My grandmother (pictured below) was an amazing cook. When I think of her, I remember her in the kitchen cooking and the smells emanating from her kitchen and down the hall outside as we approached her apartment.

My Aunt Louise is also an exceptional cook. She wrote up (in farsi) a collection of her recipes for her kids. My mother translated these recipes years ago into English for the younger generation (like me) to enjoy. I still use my Aunt’s cookbook as a reference to traditional Persian cooking.

My Uncle Parviz is also an amazing cook. He doesn’t believe in cookbooks. He’ll follow a recipe loosely if it’s new to him, but he immediately makes it his own. When I attended the college, I lived in the same town as my uncle and I frequently went to his house for weekend getaways and good food.

This is how I spent my free-time my freshman year!

My aunt was sweet and said, “Laura, we love having you here, but you can’t spend every weekend here!”

How could I turn down this good food?

Now that I have my own family to cook for, and a non-traditional Persian for a husband, I find myself going back to my mom, aunt and uncle to learn to cook some of our family’s favorite meals. I also have added my mother-in-law to my consulting group, although her family is from a different part of Iran.

But, I still tend to cook like my Uncle Parviz. I look at a recipe and make it my own.

This is what I did with this Kookoo. Persian Kookoo is similar to a quiche, but more dense and not as eggy. Pictured below is Kookoo-yeh Sabzi (Persian Herb Quiche). It is made with six different herbs and is extremely aromatic and delicious.

With traditional potato kookoo, you boil the potatoes first, peel them and then mash them. Then you mix it with egg and bake it. I didn’t want the extra step of boiling the potatoes, and since I still had fingerling potatoes left over from the Idaho Potato Commission, so I came up with this version.

I cut the fingerlings into thin slices and mixed it with eggs, chives, milk and saffron. Then I baked it until it browned. The result was a fabulous. I shared this for lunch with my friend on a pool play date and paired it with a green salad.

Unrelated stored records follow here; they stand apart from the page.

-- ===== src/Link/Copy.antt =====
-- `zipc_send_copy` and `zipc_recv_copy` of src/core/zipc.c. The bytes are given as a list.
pub mod RoundTrip
use z_ipc.Base.{ℕ, Option, none, some, List, [], ltb, ◌&&◌, not, if◌then◌else◌, length}
use z_ipc.Status.{Status, is_ok, buffer_too_small}
use z_ipc.State.{World, Buffer, buffer_invalid}
use z_ipc.Platform.{Platform}
use z_ipc.Buffer.{buffer_owned}
use z_ipc.Buffer.Window.{write_bytes, read_bytes, put_payload, buffer_size}
use z_ipc.Transport.{Transport}
use z_ipc.Link.{Link, buffer_alloc, buffer_release, no_parent}
use z_ipc.Link.Send.{link_send}
use z_ipc.Link.Receive.{link_recv}

-- From the allocated buffer on. A buffer that a failed send leaves with the caller is released.
unfoldable pub send_filled :
    {T : Type 0} → Transport T → Platform → Link → List ℕ → Buffer → T → World → Status × T × World
send_filled tr p link bytes buffer t w =
    let filled = put_payload w (write_bytes w.pool.payload buffer.payload_start bytes) in
    let (status, kept, t1, w1) = link_send tr p link buffer t filled in
    let (released, none_left, w2) = buffer_release p kept w1 in
    if not (is_ok status) && buffer_owned w1 kept then (status, t1, w2) else (status, t1, w1)

abbrev send_allocated :
    {T : Type 0}
    → Transport T
    → Platform
    → Link
    → List ℕ
    → T
    → Option (Status × Buffer × World)
    → Option (Status × T × World)
send_allocated tr p link bytes t none = none
send_allocated tr p link bytes t (some (status, buffer, w)) =
    if not (is_ok status)
    then some (status, t, w)
    else some (send_filled tr p link bytes buffer t w)

unfoldable pub send_copy :
    {T : Type 0} → Transport T → Platform → Link → List ℕ → T → World → Option (Status × T × World)
send_copy tr p link bytes t w =
    send_allocated tr p link bytes t (buffer_alloc p link (length bytes) buffer_invalid no_parent w)

-- What the caller gets: the status, the size if it was written, and the bytes copied.
pub record Copied (T : Type 0) : Type 0 where
  pub status : Status
  pub actual_size : Option ℕ
  pub bytes : List ℕ
  pub transport : T
  pub world : World

-- From a received buffer on.
unfoldable pub copy_received : {T : Type 0} → Platform → ℕ → Buffer → T → World → Copied T
copy_received p capacity buffer t w =
    let size = buffer_size w buffer in
    let (released, none_left, w1) = buffer_release p buffer w in
    if ltb capacity size
    then record {
      status = buffer_too_small;
      actual_size = some size;
      bytes = [];
      transport = t;
      world = w1;
    }
    else record {
      status = released;
      actual_size = some size;
      bytes = read_bytes w.pool.payload buffer.payload_start size;
      transport = t;
      world = w1;
    }

abbrev pub copy_answer :
    {T : Type 0} → Platform → ℕ → Option (Status × Buffer × T × World) → Option (Copied T)
copy_answer p capacity none = none
copy_answer p capacity (some (status, buffer, t, w)) =
    if not (is_ok status)
    then some (record { status = status; actual_size = none; bytes = []; transport = t; world = w })
    else some (copy_received p capacity buffer t w)

unfoldable pub recv_copy :
    {T : Type 0} → Transport T → Platform → Link → ℕ → ℕ → T → World → Option (Copied T)
recv_copy tr p link fuel capacity t w =
    copy_answer p capacity (link_recv tr p link fuel buffer_invalid t w)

You can find the recipe for my Persian Fingerling Potato Quiche with Chives (Kookoo-yeh Sib-Zamini) here.

And here are my other Persian recipes I have posted on Family Spice:

Ajeel (Perisan Trail Mix)
Avocado Shirazi Salad
Baklava Cake (Almond Cake)
Basmati Rice with Potato Crust
Beef & Pomegranate Dolmeh
Chicken Breast Kabob (Joojeh Kabob)
Filet Mignon Kabob (Kabob-eh Barg)
Grilled Tomato Kabob
Ground Beef Kabob (Kabob-eh Koobideh)
Kookoo-yeh Sabzi (Persian Herb Quiche)
Persian Baklava
Persian Celery Stew (Khoreshteh Karafs)
Persian Chicken Stew with Pomegranate and Walnuts (Fesenjoon)
Persian Eggplant Dip (Kashkeh Bademjoon)
Persian Eggplant Stew (Khoreshteh Qiemeh Bademjoon)
Persian Saffron Cookies
Persian Okra Stew (Khoreshteh Bamieh)
Rice & Lentil Dolmeh with Pomegranate
Saffron Rice Pudding (Sholeh-Zard)
Shirazi Salad
Yogurt with Cucumbers (Mast-o Khiar)
Yogurt and Eggplant Dip (Borani-e Bademjoon)
Yogurt and Spinach Dip (Borani-e Esfenaj)

I have countless more waiting to be typed up, so I better get back to work!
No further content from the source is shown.